### PROMPT
Set down the lines below exactly as they stand, please. Go from the first through the one containing "write_fmt-room room []".

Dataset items
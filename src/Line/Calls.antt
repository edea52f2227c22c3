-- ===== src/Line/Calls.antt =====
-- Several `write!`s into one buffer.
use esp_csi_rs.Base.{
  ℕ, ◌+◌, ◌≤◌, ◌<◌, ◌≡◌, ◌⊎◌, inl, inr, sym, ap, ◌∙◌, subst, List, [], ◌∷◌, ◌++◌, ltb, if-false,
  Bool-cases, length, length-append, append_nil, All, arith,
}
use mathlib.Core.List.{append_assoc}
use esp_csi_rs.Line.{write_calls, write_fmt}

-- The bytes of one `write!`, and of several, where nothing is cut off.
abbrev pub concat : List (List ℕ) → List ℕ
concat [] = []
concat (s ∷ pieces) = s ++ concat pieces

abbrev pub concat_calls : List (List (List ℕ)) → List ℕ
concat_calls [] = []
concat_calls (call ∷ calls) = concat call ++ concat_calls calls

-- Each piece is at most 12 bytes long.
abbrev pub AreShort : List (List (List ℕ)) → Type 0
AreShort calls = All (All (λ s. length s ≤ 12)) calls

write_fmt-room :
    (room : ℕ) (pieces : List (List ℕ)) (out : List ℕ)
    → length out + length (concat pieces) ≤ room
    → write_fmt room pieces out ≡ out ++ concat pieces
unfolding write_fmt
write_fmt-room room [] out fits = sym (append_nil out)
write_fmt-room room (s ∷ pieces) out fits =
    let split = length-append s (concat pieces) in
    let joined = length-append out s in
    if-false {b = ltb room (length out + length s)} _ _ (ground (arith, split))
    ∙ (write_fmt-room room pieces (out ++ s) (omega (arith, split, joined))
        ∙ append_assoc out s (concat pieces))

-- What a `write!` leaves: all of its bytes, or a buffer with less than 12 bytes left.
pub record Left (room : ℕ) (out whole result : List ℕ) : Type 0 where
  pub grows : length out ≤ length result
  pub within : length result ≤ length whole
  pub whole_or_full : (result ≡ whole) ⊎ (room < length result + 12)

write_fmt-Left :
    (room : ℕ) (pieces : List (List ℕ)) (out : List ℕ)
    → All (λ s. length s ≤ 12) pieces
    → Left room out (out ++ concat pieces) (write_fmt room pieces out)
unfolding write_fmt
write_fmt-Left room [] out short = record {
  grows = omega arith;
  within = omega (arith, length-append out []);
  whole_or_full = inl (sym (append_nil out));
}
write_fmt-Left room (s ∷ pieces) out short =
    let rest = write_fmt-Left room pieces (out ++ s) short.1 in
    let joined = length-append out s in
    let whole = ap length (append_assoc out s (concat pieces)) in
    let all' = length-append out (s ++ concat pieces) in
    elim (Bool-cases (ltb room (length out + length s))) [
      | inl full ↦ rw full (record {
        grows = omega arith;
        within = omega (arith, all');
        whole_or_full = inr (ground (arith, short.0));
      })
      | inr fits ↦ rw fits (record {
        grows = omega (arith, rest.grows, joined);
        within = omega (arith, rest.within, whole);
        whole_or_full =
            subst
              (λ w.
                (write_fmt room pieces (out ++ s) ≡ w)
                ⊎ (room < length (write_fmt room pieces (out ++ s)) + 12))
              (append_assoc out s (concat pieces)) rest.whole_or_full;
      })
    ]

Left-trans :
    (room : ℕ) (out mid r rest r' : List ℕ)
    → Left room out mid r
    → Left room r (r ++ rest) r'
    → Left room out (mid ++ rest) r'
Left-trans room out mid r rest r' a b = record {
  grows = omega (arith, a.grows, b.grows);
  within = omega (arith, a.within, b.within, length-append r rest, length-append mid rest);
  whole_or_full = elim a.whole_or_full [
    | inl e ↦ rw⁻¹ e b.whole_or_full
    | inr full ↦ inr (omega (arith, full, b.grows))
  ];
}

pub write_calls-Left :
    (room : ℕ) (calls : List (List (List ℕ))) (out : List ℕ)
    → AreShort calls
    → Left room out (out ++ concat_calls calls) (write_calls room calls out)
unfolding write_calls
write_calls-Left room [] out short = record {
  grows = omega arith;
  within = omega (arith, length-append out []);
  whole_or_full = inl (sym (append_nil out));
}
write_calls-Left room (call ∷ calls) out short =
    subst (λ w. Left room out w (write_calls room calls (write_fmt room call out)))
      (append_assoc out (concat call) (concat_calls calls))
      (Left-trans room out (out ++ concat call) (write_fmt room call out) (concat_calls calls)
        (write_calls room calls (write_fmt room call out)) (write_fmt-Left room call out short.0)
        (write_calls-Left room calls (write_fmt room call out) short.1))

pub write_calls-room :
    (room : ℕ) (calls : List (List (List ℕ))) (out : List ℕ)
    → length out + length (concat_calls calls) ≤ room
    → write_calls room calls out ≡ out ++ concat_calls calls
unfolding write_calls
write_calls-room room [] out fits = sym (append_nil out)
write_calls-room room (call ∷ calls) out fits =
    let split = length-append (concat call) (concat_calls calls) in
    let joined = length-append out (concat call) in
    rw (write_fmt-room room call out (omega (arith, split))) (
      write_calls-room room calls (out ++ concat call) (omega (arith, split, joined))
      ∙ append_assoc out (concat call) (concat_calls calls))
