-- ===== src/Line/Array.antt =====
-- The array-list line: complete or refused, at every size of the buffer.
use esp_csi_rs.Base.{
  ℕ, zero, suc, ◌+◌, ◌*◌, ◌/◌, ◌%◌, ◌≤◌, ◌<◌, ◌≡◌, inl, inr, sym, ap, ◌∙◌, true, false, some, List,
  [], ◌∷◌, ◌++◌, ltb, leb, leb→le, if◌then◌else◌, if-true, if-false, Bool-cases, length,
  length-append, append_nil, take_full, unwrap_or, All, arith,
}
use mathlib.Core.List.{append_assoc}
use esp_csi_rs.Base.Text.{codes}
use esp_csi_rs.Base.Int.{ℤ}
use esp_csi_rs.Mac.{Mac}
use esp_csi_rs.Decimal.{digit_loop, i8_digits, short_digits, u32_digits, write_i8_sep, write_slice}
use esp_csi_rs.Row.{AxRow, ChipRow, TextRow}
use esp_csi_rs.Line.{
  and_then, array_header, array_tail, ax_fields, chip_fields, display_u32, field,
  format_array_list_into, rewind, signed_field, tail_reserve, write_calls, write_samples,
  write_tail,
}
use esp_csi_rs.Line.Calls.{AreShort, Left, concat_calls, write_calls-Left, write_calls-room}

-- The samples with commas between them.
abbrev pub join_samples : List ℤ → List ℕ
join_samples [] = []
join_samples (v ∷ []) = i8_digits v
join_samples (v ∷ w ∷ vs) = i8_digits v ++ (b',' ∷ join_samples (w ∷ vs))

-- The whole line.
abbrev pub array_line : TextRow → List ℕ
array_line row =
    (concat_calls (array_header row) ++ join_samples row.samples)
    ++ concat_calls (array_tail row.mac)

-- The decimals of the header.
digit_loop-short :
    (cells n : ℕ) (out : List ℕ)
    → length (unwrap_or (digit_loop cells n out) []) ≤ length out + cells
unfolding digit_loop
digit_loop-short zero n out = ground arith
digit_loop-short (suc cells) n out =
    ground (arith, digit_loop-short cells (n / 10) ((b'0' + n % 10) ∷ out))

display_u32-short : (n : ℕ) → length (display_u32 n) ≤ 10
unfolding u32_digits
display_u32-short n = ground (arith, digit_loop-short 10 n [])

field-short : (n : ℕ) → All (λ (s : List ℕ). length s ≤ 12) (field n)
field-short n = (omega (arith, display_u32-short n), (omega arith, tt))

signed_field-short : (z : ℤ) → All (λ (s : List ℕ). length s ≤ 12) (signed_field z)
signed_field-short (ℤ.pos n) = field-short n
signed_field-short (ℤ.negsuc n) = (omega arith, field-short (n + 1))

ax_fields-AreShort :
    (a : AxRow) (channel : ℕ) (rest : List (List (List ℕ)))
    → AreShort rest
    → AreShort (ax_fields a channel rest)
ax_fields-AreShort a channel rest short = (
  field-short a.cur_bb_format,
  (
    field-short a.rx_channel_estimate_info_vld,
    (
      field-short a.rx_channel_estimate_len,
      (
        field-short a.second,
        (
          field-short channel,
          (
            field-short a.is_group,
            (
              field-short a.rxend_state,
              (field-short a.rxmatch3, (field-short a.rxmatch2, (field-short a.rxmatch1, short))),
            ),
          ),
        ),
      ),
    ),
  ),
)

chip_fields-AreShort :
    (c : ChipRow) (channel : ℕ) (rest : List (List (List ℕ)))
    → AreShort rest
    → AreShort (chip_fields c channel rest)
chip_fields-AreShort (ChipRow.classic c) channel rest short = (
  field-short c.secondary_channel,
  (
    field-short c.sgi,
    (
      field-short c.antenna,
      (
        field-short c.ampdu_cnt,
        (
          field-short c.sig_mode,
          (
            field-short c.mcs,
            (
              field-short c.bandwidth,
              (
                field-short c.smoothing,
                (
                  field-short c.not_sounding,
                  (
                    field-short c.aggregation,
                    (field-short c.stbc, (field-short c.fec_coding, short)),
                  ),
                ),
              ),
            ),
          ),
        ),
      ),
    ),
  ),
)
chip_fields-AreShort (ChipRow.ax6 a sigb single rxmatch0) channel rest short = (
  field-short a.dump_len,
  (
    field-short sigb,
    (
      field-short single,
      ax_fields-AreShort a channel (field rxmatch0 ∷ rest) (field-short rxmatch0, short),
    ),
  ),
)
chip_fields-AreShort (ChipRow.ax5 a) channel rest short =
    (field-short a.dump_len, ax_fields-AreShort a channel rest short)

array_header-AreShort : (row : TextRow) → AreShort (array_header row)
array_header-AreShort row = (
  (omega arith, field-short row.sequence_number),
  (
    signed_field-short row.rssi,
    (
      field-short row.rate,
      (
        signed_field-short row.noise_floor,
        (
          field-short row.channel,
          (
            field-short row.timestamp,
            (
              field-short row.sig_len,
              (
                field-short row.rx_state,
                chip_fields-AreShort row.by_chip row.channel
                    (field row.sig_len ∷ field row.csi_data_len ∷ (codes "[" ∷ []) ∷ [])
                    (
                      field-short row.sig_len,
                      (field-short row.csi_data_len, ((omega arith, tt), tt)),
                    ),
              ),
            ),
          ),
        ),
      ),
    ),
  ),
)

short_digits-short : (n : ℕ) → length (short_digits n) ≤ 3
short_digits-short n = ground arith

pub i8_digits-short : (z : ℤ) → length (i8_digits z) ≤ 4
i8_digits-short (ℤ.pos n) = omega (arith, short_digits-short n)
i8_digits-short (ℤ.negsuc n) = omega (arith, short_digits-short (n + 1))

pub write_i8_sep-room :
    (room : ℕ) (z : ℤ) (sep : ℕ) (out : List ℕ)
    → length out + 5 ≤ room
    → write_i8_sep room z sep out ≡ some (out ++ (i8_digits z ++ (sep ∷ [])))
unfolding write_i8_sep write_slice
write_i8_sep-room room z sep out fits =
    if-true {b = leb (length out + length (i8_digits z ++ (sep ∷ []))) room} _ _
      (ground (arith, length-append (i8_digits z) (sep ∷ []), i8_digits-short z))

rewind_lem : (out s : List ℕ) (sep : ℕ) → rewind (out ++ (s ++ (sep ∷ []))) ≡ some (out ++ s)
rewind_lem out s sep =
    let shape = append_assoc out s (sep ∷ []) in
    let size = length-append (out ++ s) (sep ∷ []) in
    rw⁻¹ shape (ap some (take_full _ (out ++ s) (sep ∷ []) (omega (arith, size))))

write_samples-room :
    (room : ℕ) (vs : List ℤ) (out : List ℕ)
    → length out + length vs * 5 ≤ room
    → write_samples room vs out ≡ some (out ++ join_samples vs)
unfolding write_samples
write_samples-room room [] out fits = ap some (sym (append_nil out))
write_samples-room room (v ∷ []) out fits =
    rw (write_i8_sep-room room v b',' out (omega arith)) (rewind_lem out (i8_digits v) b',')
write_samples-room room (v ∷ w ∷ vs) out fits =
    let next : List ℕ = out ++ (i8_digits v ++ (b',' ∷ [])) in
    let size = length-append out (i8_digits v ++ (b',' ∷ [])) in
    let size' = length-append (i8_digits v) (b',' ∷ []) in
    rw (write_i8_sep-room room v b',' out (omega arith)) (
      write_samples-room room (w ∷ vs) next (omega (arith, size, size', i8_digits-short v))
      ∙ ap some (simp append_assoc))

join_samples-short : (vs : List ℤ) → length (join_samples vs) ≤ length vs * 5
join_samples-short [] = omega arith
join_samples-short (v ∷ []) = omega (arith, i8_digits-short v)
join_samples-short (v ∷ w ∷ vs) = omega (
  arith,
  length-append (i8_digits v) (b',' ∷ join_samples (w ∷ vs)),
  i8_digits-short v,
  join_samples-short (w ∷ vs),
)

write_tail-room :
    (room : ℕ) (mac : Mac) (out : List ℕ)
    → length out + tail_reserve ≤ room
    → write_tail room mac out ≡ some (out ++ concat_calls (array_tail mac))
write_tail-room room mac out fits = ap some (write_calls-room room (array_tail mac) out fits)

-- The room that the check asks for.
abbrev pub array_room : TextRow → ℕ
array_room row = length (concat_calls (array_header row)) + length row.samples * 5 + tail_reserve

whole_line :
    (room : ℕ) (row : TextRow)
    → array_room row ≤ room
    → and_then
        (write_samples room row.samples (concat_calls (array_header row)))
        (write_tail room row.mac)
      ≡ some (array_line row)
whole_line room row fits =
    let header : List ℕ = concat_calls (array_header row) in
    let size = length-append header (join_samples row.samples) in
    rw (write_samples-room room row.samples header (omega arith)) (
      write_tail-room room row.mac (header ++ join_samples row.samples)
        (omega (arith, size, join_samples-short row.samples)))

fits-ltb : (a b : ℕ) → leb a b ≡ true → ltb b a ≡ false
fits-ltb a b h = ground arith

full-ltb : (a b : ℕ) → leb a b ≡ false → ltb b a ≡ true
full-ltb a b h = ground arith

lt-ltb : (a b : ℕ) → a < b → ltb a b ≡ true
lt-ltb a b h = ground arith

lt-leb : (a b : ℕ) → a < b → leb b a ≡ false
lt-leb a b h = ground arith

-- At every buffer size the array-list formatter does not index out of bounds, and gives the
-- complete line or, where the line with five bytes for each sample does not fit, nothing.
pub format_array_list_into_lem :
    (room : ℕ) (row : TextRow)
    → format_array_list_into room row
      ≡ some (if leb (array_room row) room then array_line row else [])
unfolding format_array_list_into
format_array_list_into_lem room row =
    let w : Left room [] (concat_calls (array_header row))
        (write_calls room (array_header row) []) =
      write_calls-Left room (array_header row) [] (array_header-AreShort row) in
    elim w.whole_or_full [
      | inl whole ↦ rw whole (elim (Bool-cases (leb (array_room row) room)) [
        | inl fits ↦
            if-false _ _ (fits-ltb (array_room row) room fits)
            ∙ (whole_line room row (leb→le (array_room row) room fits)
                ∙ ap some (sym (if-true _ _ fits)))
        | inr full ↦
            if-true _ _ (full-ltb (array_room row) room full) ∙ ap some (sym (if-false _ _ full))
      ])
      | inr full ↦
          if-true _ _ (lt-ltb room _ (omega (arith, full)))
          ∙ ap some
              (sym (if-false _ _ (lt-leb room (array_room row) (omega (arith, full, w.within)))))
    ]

### ANSWER
filename src/Line/Calls.antt
repository edea52f2227c22c3
-- ===== src/Line/Calls.antt =====
-- Several `write!`s into one buffer.
use esp_csi_rs.Base.{
  ℕ, ◌+◌, ◌≤◌, ◌<◌, ◌≡◌, ◌⊎◌, inl, inr, sym, ap, ◌∙◌, subst, List, [], ◌∷◌, ◌++◌, ltb, if-false,
  Bool-cases, length, length-append, append_nil, All, arith,
}
use mathlib.Core.List.{append_assoc}
use esp_csi_rs.Line.{write_calls, write_fmt}

-- The bytes of one `write!`, and of several, where nothing is cut off.
abbrev pub concat : List (List ℕ) → List ℕ
concat [] = []
concat (s ∷ pieces) = s ++ concat pieces

abbrev pub concat_calls : List (List (List ℕ)) → List ℕ
concat_calls [] = []
concat_calls (call ∷ calls) = concat call ++ concat_calls calls

-- Each piece is at most 12 bytes long.
abbrev pub AreShort : List (List (List ℕ)) → Type 0
AreShort calls = All (All (λ s. length s ≤ 12)) calls

write_fmt-room :
    (room : ℕ) (pieces : List (List ℕ)) (out : List ℕ)
    → length out + length (concat pieces) ≤ room
    → write_fmt room pieces out ≡ out ++ concat pieces
unfolding write_fmt
write_fmt-room room [] out fits = sym (append_nil out)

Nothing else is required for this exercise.